Mit Scripten kenne ich mich nur sehr wenig aus. Ich versuche, so etwas immer zu umgehen. Bedenke, dass du mit Scripten eng an das Bediengerät gebunden bist. Meine Variante habe ich ursprünglich mit OP7/OP17 verwendet. Damals war die Bildnummer die ID. Die Bausteine nutze ich noch heute unverändert unter WinCCFlexible.


Gruß, Onkel


----------



## Larry Laffer (31 Juli 2007)

Hallo,
das Problem, dass ich hier sehe (das hat mir auch schon mal jemand vorgeworfen) ist, dass du nicht auf die Änderung der Struktur automatisch reagieren kannst. Ansonsten finde ich persönlich die Variante mit dem Index-Pointer von der Visu und ggf. auch den Index-DB von der Visu nicht so schlecht. Bei meinen Applikationen gibts damit auch keinen Ärger ...
Man braucht auch nicht zwingend ein Script für den Pointer, Wert setzen ginge auch, ist halt nur nicht so elegant ...
Der Nachteil dieses Konzeptes ist m.E. nur das dann direkt auf die addressierten Variablen zugegriffen wird. Die von Ralle angesprochene "Save"-Funktion hat auch was für sich.

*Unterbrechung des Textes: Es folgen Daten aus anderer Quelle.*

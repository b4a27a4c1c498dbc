-- ===== src/Query/Counts.antt =====
-- The counters of a session: what Accept's loop and Finish check.
use duckdb_data.Query.Types.{Run, Session, Cell, add64, QueryMode, numbered_v3, direct_legacy}
use duckdb_data.Query.Session.{accept_rows, finish}
use duckdb_data.Base.{
  ℕ, ◌+◌, ◌^◌, ◌≤◌, ◌<◌, ◌≡◌, refl, ◌↔◌, Bool, true, false, Option, none, some, List, [], ◌∷◌,
  arith, length, All, ok, err,
}

abbrev pub announced : Bool → ℕ → Option ℕ
announced true n = some n
announced false n = none

-- A count agrees with what was announced, where something was.
abbrev pub Agrees : Option ℕ → ℕ → Type 0
Agrees none n = Unit {0}
Agrees (some m) n = n ≡ m

-- What must have come by the end of a result.
abbrev pub IsComplete : QueryMode → Session → Type 0
IsComplete numbered_v3 s =
    Agrees (announced s.has_expected_chunks s.expected_chunks) s.fetched_chunks
    × Agrees (announced s.has_expected_rows s.expected_rows) s.rows
IsComplete direct_legacy s =
    (s.next_url ≡ []) × Agrees (announced s.has_expected_rows s.expected_rows) s.rows

-- Finish succeeds exactly where the chunks of a numbered result and the rows agree with what was
-- announced and no chunk of a direct result is left. It then marks the session as reconciled and
-- ended, and otherwise leaves it as it was.
pub finish_iff :
    (w : Run)
    → (((finish w).0 ≡ ok tt) ↔ IsComplete w.session.mode w.session)
      × ((finish w).1.session ≡ elim (finish w).0 [
        | ok t ↦ record w.session { reconciled = true; terminal = true }
        | err e ↦ w.session
      ])
unfolding finish
finish_iff w = ground arith

-- The cells of the rows.
abbrev pub cells_of : List (List Cell) → ℕ
cells_of [] = 0
cells_of (row ∷ rows) = length row + cells_of rows

abbrev pub AllWide : ℕ → List (List Cell) → Type 0
AllWide n = All (λ row. length row ≡ n)

-- The session behind one row.
abbrev counted : Run → List Cell → Run
counted w row = record w {
  session = record w.session { cells = add64 w.session.cells (length row) };
}

-- Accept's loop, where the limit on cells is a number of 64 bits and not yet exceeded: it succeeds
-- exactly where every row is as wide as the metadata and the cells of all rows together stay
-- within the limit.
pub accept_rows_iff :
    (rows : List (List Cell)) (w : Run)
    → w.session.cells ≤ w.session.options.max_cells
    → w.session.options.max_cells < 2 ^ 64
    → ((accept_rows rows w).0 ≡ ok tt) ↔ (
        AllWide (length w.session.metadata) rows
        × (w.session.cells + cells_of rows ≤ w.session.options.max_cells))
unfolding accept_rows
accept_rows_iff [] w h k = ground (arith, h)
accept_rows_iff (row ∷ rows) w h k = ground (arith, h, k, accept_rows_iff rows (counted w row))

-- Whatever the rows are, the loop never counts more cells than the limit, and changes nothing but
-- the count of the cells.
pub accept_rows_bounded :
    (rows : List (List Cell)) (w : Run)
    → w.session.cells ≤ w.session.options.max_cells
    → w.session.options.max_cells < 2 ^ 64
    → let w' = (accept_rows rows w).1 in
      (w'.session.cells ≤ w.session.options.max_cells)
      × (w' ≡ record w { session = record w.session { cells = w'.session.cells } })
unfolding accept_rows
accept_rows_bounded [] w h k = (h, refl)
accept_rows_bounded (row ∷ rows) w h k =
    ground (arith, h, k, accept_rows_bounded rows (counted w row))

Läßt sich natürlich über den Script-Umweg auch hier erreichen (ohne die SPS dafür mit ins Boot zu nehmen).


----------



## Jochen Kühner (31 Juli 2007)

Onkel Dagobert schrieb:


> Hallo Markus,
> Mit Scripten kenne ich mich nur sehr wenig aus. Ich versuche, so etwas immer zu umgehen. Bedenke, dass du mit Scripten eng an das Bediengerät gebunden bist. Meine Variante habe ich ursprünglich mit OP7/OP17 verwendet. Damals war die Bildnummer die ID. Die Bausteine nutze ich noch heute unverändert unter WinCCFlexible.
> 
> 
> Gruß, Onkel



Wir verwenden auch die indirekte adressierung, aber wir verwenden zur adressberechnung lineare skallierung! diese gibt es auf jedem wincc flexible gerät!


----------



## RMA (31 Juli 2007)

Ich habe auch vor ein paar Jahren was ähnliches gehabt. Da hatte ich ein Testbild (unter anderen), wo ich 21 identische Module ansteuern wollte, mit Multiplexen im ProTool realisiert. Als die Anzahl Tags > 2800 wurde kriegte ich langsam Angst, obwohl alles noch funktionierte (irgendwo habe ich gelesen dass es ein 8000 Tag Lizenz für ProTool geben sollte, oder mindestens ursprunglich vorgesehen wurde) darauf hin habe ich das ganze umgebaut und das Multiplexen im Program gemacht. Damit konnte ich meine Tags auf ca. 700 reduzieren.


----------



## Ralle (31 Juli 2007)

Onkel Dagobert schrieb:


> Hallo,
> 
> vorweg, die derzeitige 5-Sterne-Bewertung kommt von mir (nicht etwa von Markus). Ich finde das Thema sehr interessant.
> 
> ...



Jep, so in etwas mach ich das auch. Ich mag auch der Visu irgendwie nicht zuviel Aufgaben übertragen.


----------



## Jochen Kühner (31 Juli 2007)

*also...*

also wenn ich in wincc flexible adressmultiplexen mache, brauchen wir bei unseren projekten gerade 2 mal so viele variablen wie für das einzelne bild (eine für den wert, die zweite für die adresse!) wir hatten früher auch alles in der steuerung, brauchten aber selbst füre kleinanlagen eine 315 cpu! nun haben wird eine mehlwaage, eine tischwaage, einmal kleinkomp, wasserdossierung und einen sauerteig alles auf einer 313 cpu...
und für jede waage können 100 komp verwendet werden!


----------